• Data for this exercise:

○ ○ ○ ○ ○ ○ ○

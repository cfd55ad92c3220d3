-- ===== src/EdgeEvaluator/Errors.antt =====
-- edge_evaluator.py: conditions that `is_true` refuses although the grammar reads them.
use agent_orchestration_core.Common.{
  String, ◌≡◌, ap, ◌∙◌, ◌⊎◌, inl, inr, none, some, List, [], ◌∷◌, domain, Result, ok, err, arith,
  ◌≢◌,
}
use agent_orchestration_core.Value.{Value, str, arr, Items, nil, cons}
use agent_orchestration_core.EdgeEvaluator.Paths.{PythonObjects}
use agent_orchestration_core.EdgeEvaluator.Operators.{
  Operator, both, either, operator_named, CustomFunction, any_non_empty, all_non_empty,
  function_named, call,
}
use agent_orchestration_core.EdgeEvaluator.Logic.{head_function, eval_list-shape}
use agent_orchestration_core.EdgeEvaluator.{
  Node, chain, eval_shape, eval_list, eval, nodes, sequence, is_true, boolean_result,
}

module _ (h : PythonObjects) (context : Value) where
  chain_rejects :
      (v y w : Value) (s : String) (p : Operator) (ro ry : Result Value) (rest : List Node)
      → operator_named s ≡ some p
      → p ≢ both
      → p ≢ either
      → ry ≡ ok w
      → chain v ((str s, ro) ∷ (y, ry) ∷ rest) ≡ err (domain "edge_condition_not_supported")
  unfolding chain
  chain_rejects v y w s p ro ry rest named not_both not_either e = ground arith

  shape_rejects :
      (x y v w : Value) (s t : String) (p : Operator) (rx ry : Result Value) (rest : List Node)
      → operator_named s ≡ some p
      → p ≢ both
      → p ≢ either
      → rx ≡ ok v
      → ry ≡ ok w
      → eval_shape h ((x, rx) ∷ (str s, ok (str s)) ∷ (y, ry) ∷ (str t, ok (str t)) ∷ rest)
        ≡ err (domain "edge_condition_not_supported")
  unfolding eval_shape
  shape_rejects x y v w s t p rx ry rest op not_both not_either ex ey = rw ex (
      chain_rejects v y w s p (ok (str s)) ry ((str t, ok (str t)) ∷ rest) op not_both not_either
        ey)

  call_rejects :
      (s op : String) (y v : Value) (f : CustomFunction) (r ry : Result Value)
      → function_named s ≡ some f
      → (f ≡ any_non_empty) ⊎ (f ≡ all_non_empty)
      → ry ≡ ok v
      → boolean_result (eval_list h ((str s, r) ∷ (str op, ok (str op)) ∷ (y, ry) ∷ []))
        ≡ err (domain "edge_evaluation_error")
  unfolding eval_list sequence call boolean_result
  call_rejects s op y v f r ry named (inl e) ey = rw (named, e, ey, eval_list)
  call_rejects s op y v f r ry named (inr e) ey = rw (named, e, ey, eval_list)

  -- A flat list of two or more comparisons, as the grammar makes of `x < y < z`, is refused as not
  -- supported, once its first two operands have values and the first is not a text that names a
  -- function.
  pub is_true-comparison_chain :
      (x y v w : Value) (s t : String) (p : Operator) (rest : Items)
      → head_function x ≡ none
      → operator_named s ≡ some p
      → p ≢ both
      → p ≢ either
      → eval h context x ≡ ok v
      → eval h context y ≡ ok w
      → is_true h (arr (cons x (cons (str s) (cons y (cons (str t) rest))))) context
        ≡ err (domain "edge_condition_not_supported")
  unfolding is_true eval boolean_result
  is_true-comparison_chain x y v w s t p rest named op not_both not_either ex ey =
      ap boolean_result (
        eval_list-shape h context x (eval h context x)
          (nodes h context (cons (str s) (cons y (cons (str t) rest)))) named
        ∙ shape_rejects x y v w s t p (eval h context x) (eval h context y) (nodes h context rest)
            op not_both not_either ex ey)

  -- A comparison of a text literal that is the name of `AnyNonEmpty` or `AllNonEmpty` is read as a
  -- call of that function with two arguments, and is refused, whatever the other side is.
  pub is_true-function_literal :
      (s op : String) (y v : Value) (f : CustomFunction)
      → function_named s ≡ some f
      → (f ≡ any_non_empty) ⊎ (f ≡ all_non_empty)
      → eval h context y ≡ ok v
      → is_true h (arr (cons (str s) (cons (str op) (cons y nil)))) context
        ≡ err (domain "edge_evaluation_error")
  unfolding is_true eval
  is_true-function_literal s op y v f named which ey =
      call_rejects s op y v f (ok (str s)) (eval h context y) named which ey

○ ○ ○ ○ ○ ○ ○

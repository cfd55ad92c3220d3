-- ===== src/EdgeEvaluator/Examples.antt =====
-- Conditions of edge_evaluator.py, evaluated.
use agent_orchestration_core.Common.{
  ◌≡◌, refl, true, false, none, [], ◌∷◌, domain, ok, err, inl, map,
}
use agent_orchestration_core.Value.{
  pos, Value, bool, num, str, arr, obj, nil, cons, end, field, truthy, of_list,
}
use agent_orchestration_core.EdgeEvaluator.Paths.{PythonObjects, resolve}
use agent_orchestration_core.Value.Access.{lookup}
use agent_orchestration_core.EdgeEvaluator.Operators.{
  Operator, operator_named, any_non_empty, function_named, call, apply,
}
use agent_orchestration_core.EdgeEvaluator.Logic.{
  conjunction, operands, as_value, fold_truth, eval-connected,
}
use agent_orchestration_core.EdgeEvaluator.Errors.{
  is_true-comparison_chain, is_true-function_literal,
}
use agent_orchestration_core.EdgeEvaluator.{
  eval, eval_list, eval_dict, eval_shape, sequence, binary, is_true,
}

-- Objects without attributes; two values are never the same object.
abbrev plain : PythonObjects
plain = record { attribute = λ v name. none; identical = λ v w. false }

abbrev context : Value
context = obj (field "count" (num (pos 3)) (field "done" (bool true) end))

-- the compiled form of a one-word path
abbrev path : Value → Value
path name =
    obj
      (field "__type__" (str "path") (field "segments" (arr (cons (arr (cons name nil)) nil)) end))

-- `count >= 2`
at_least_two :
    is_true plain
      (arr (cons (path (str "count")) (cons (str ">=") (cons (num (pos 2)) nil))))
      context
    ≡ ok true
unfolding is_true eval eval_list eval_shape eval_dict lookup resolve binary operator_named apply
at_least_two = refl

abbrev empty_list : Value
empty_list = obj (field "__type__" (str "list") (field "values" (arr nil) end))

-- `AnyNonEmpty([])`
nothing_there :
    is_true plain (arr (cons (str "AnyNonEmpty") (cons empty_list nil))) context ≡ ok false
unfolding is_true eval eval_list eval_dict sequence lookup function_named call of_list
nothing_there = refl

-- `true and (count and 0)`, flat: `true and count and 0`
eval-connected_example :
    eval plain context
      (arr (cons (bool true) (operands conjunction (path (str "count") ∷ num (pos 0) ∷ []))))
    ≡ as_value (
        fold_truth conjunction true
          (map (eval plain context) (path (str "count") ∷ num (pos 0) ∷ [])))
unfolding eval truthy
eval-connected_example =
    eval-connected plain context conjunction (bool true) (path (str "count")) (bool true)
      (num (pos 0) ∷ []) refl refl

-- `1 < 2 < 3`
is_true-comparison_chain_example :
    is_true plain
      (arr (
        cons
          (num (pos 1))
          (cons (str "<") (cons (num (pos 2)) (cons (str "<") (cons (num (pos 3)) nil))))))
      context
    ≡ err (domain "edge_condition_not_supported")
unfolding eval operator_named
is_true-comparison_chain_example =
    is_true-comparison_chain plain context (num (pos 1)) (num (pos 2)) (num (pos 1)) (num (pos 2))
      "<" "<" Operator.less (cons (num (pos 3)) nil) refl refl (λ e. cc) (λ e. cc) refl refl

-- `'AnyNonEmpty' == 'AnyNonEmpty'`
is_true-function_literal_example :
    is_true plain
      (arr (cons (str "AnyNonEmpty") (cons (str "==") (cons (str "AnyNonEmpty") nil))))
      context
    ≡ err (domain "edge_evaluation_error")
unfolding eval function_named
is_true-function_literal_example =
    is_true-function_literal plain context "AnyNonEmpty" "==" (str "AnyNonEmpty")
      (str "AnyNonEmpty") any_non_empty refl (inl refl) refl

○ ○ ○ ○ ○ ○ ○

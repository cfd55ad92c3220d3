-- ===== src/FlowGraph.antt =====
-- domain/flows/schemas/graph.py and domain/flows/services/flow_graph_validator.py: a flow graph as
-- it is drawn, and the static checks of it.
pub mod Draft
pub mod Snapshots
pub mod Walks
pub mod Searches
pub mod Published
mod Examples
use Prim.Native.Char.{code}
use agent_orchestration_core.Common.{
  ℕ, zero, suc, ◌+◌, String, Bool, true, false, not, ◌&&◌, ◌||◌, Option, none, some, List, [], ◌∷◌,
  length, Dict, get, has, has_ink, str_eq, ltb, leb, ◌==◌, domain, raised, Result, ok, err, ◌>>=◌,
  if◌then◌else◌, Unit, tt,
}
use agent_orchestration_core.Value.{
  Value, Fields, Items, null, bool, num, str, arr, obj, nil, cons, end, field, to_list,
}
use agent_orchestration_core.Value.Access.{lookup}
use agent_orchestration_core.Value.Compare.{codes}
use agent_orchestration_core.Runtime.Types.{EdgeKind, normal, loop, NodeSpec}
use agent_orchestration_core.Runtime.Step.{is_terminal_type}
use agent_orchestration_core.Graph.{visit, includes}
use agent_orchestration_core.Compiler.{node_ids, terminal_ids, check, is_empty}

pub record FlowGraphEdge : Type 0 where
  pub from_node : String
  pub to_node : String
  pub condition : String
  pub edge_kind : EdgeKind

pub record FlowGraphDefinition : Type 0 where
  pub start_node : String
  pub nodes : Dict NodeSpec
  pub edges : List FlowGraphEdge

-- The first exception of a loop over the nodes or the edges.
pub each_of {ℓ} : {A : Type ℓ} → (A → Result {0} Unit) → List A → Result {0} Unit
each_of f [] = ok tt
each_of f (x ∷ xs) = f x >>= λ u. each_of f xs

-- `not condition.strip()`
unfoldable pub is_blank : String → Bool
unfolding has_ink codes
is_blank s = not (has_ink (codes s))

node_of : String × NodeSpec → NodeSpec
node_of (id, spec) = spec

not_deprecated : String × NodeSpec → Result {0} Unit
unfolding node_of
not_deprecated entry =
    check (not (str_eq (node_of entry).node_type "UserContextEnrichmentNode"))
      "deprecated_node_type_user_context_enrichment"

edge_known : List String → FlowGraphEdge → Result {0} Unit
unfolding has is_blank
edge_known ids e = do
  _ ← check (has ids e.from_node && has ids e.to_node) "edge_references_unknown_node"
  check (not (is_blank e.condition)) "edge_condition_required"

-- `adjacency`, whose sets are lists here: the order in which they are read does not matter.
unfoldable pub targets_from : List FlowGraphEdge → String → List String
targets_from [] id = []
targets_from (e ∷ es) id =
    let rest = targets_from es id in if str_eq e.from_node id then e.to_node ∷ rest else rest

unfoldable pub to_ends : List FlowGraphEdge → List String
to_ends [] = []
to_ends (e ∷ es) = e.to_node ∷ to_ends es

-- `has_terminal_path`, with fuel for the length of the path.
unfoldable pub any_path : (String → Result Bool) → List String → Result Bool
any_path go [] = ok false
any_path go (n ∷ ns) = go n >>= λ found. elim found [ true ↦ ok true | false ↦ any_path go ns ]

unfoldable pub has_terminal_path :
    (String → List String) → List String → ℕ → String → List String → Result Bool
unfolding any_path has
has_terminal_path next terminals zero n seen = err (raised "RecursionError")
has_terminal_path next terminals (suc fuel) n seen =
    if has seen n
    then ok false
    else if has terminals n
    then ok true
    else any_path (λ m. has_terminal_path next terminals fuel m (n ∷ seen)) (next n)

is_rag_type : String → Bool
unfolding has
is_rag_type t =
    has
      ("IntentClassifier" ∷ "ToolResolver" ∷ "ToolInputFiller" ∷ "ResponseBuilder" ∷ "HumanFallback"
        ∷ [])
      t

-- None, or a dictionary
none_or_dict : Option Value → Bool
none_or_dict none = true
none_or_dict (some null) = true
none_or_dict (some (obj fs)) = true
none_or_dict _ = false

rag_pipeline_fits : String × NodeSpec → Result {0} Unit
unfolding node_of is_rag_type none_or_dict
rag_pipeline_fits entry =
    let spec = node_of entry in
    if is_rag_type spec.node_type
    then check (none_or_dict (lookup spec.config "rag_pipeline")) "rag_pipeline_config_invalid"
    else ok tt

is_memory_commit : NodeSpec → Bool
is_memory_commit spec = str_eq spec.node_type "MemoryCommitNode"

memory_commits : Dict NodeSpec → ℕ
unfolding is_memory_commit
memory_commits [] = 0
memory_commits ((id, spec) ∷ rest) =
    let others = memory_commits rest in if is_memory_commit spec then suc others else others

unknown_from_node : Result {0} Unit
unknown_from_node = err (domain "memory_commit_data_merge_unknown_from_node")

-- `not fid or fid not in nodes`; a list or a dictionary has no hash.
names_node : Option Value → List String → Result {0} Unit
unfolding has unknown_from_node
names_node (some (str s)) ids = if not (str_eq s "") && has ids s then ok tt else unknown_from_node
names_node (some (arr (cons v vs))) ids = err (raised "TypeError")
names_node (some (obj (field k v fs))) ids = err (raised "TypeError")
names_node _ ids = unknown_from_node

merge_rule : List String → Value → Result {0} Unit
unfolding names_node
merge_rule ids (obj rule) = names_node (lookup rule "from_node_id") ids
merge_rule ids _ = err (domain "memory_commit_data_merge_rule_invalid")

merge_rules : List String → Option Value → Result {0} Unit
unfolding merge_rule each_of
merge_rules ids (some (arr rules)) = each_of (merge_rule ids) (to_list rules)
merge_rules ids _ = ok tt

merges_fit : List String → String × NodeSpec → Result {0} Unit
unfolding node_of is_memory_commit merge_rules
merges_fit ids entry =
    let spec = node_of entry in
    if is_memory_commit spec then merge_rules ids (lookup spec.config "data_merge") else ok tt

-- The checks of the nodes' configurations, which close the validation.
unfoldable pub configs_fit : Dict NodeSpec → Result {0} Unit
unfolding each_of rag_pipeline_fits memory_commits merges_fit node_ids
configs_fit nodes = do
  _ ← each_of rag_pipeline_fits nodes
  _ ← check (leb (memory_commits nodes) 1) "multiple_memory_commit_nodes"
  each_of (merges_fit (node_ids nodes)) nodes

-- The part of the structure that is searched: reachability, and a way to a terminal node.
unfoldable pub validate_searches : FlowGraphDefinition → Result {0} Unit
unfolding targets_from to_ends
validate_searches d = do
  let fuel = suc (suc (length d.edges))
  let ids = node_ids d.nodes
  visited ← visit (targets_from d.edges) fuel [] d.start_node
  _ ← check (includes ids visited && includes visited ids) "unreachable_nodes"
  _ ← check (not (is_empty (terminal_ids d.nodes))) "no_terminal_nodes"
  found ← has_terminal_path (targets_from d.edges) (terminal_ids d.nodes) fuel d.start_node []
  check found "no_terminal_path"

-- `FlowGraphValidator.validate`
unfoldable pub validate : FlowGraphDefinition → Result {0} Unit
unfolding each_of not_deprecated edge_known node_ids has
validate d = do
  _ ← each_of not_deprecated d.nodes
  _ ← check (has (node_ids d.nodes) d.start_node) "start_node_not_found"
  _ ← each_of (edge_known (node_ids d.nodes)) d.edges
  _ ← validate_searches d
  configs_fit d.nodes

○ ○ ○ ○ ○ ○ ○

• Problem to solve:
When a line in the material above holds the word "where", copy that line.

• Solution for this exercise:
module _ (h : PythonObjects) (context : Value) where
pub record FlowGraphEdge : Type 0 where
pub record FlowGraphDefinition : Type 0 where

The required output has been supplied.